Bei der Ernährung im Mittelalter wurden ganz andere Maßstäbe gesetzt, als wir sie heute kennen. So richtete sich der Speiseplan nicht nach dem "Geschmack" der Menschen, sondern nach ihrem Stand, dem jahreszeitlichen Angebot und diätischen Aspekten (Vier-Säfte-Lehre). An Fastentagen, die etwa 1/3 des Jahres ausmachten, war Fleisch von warmblütigen Tieren, sowie deren Produkte (Milch, Milchprodukte und Eier) verboten.

Bei der arbeitenden Bevölkerung waren drei bis vier Mahlzeiten am Tag üblich, wobei man sich nicht nach der Uhrzeit, sondern nach dem Stand der Sonne richtete. Es wurde im Morgengrauen aufgestanden, was je nach Jahreszeit schon um 3 Uhr früh sein konnte. Man begann den Tag mit einem mäßigen Frühstück, das meistens aus Suppe, Brei oder Milch bestand. Im Laufe des Vormittags folgte die erste Hauptmahlzeit, das Frühmahl. Die zweite Hauptmahlzeit wurde gegen Sonnenuntergang eingenommen, diese fiel aber wesentlich geringer als das Frühmahl aus. An langen Tagen konnte noch zusätzlich eine kleine Zwischenmahlzeit eingeschoben werden.

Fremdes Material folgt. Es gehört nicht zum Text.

-- ===== src/Storage/TenantPages/Walk.antt =====
-- internal/storage/postgres/identity.go: a client that follows the cursors of `ListTenantsPage`.
use urbino.Base.{
  ◌≡◌, ◌≢◌, refl, ap, ◌∙◌, sym, inl, inr, ℕ, zero, suc, ◌<◌, Bool, true, false, not, List, [], ◌∷◌,
  ◌++◌, some, Bool-cases, map,
}
use urbino.Base.Text.{Text, is_empty, All, eq_of_text_eq}
use urbino.Base.Result.{Result, ok, ◌>>=◌}
use urbino.Domain.Uuid.{IsUuid, to_string}
use urbino.Domain.Scopes.{Tenant}
use urbino.Storage.Errors.{StoreError}
use urbino.Storage.Database.{TenantRow, Database, Session}
use urbino.Storage.KeyReads.{filter_rows, insert_row, order_by}
use urbino.Storage.TenantPages.{CursorForm, tenant_before, is_after, list_tenants_page}
use urbino.Storage.TenantPages.Order.{IsSorted}
use urbino.Storage.TenantPages.Before.{
  tenant_before_refl, tenant_before_total, tenant_before_trans, tenant_before_antisym,
  is_after-before,
}

-- The pages from a cursor on, put together; each is asked for with the cursor that the last one gave.
unfoldable pub walk :
    CursorForm
    → (limit : ℕ) → Session
    → Database
    → (pages : ℕ) → (cursor : Text) → Result StoreError (List Tenant)
walk form limit session db zero raw = ok []
walk form limit session db (suc pages) raw = list_tenants_page form limit raw session db >>= λ page.
    elim (is_empty page.1) [
      | true ↦ ok page.0
      | false ↦ walk form limit session db pages page.1 >>= λ rest. ok (page.0 ++ rest)
    ]

abbrev pub tenants_of : List TenantRow → List Tenant
tenants_of rows = map (λ (r : TenantRow). r.tenant) rows

-- The primary key of `tenants`.
abbrev pub IsDistinct : List TenantRow → Type 0
IsDistinct [] = Unit
IsDistinct (r ∷ rows) = All (λ (s : TenantRow). r.tenant.id ≢ s.tenant.id) rows × IsDistinct rows

-- A row whose cursor can be written and is read back.
pub record IsListed (form : CursorForm) (r : TenantRow) : Type 0 where
  pub created : 0 < r.created_at
  pub identified : IsUuid r.tenant.id
  pub text : Text
  pub written :
      form.write (record { created_at = r.created_at; id = to_string r.tenant.id }) ≡ some text
  pub read_back :
      form.read text ≡ some (record { created_at = r.created_at; id = to_string r.tenant.id })
  pub not_empty : is_empty text ≡ false

insert_row-All :
    (P : TenantRow → Type 0) (r : TenantRow) (rows : List TenantRow)
    → P r
    → All P rows
    → All P (insert_row tenant_before r rows)
unfolding insert_row
insert_row-All P r [] p all = (p, tt)
insert_row-All P r (s ∷ rows) p all = elim (Bool-cases (tenant_before r s)) [
  | inl first ↦ rw first (p, all)
  | inr later ↦ rw later (all.0, insert_row-All P r rows p all.1)
]

pub order_by-All :
    (P : TenantRow → Type 0) (rows : List TenantRow)
    → All P rows
    → All P (order_by tenant_before rows)
unfolding order_by
order_by-All P [] all = tt
order_by-All P (r ∷ rows) all = insert_row-All P r _ all.0 (order_by-All P rows all.1)

insert_row-IsDistinct :
    (r : TenantRow) (rows : List TenantRow)
    → All (λ (s : TenantRow). r.tenant.id ≢ s.tenant.id) rows
    → IsDistinct rows
    → IsDistinct (insert_row tenant_before r rows)
unfolding insert_row
insert_row-IsDistinct r [] all h = (tt, tt)
insert_row-IsDistinct r (s ∷ rows) all h = elim (Bool-cases (tenant_before r s)) [
  | inl first ↦ rw first (all, h)
  | inr later ↦ rw later (
    insert_row-All (λ (t : TenantRow). s.tenant.id ≢ t.tenant.id) r rows (λ e. all.0 (sym e)) h.0,
    insert_row-IsDistinct r rows all.1 h.1,
  )
]

pub order_by-IsDistinct :
    (rows : List TenantRow) → IsDistinct rows → IsDistinct (order_by tenant_before rows)
unfolding order_by
order_by-IsDistinct [] h = tt
order_by-IsDistinct (r ∷ rows) h =
    insert_row-IsDistinct r _ (order_by-All (λ (s : TenantRow). r.tenant.id ≢ s.tenant.id) rows h.0)
      (order_by-IsDistinct rows h.1)

abbrev pub Sorted : List TenantRow → Type 0
Sorted rows = IsSorted tenant_before tenant_before_total tenant_before_trans rows

abbrev pub later_than : TenantRow → TenantRow → Bool
later_than last r = is_after (some (last.created_at, last.tenant.id)) r

pub All-later :
    (P : TenantRow → Type 0) (front back : List TenantRow) (last : TenantRow)
    → All P (front ++ last ∷ back)
    → P last
All-later P [] back last all = all.0
All-later P (r ∷ front) back last all = All-later P front back last all.1

none_skipped :
    (last : TenantRow) (rows : List TenantRow)
    → All (λ s. tenant_before last s ≡ true) rows
    → All (λ (s : TenantRow). last.tenant.id ≢ s.tenant.id) rows
    → filter_rows (later_than last) rows ≡ rows
unfolding filter_rows
none_skipped last [] sorted distinct = refl
none_skipped last (s ∷ rows) sorted distinct = elim (Bool-cases (tenant_before s last)) [
  | inl back ↦ absurd (
      distinct.0
        (eq_of_text_eq last.tenant.id s.tenant.id (tenant_before_antisym last s sorted.0 back)))
  | inr later ↦
      let kept : later_than last s ≡ true = is_after-before last s ∙ ap not later in
      rw kept (ap (λ rest. s ∷ rest) (none_skipped last rows sorted.1 distinct.1))
]

-- After the cursor of a row come the rows that follow it in the order.
pub rows_after :
    (front back : List TenantRow) (last : TenantRow)
    → Sorted (front ++ last ∷ back)
    → IsDistinct (front ++ last ∷ back)
    → filter_rows (later_than last) (front ++ last ∷ back) ≡ back
unfolding filter_rows
rows_after [] back last sorted distinct =
    let gone : later_than last last ≡ false =
      is_after-before last last ∙ ap not (tenant_before_refl last) in
    rw gone (none_skipped last back sorted.0 distinct.0)
rows_after (r ∷ front) back last sorted distinct =
    let gone : later_than last r ≡ false =
      is_after-before last r
      ∙ ap not (All-later (λ s. tenant_before r s ≡ true) front back last sorted.0) in
    rw gone (rows_after front back last sorted.1 distinct.1)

Das Essen wurde für gewöhnlich in so kleine Stücke geschnitten oder weich gekocht, daß man es mit dem Löffel essen konnte. Größere Fleischstücke wurden mit dem Messer aufgespiesst oder mit den Fingern gegessen. Soßen wurden oft separat gereicht und die Stücke hineingetunkt oder die Stücke wurden in einer Brühe gereicht, die dann wiederum mit dem Löffel gegessen werden konnte. Die Mahlzeit wurde mit Nüssen, Obst und gewürztem Wein abgerundet.

 

Viele Lebensmittel, die für uns heute ganz selbstverständlich sind, kamen erst nach dem 15. Jahrhundert aus Amerika nach Europa oder wurden erst später gezüchtet.

Dazu gehören z.B.:
  • Kartoffeln
  • Tomaten
  • Paprika
  • Mais
  • Auberginen
  • güne Bohnen
  • Blumenkohl
  • Wirsingkohl
  • Chicorée
  • Kakao (Schokolade)
  • Vanille
  • Truthahn (Pute)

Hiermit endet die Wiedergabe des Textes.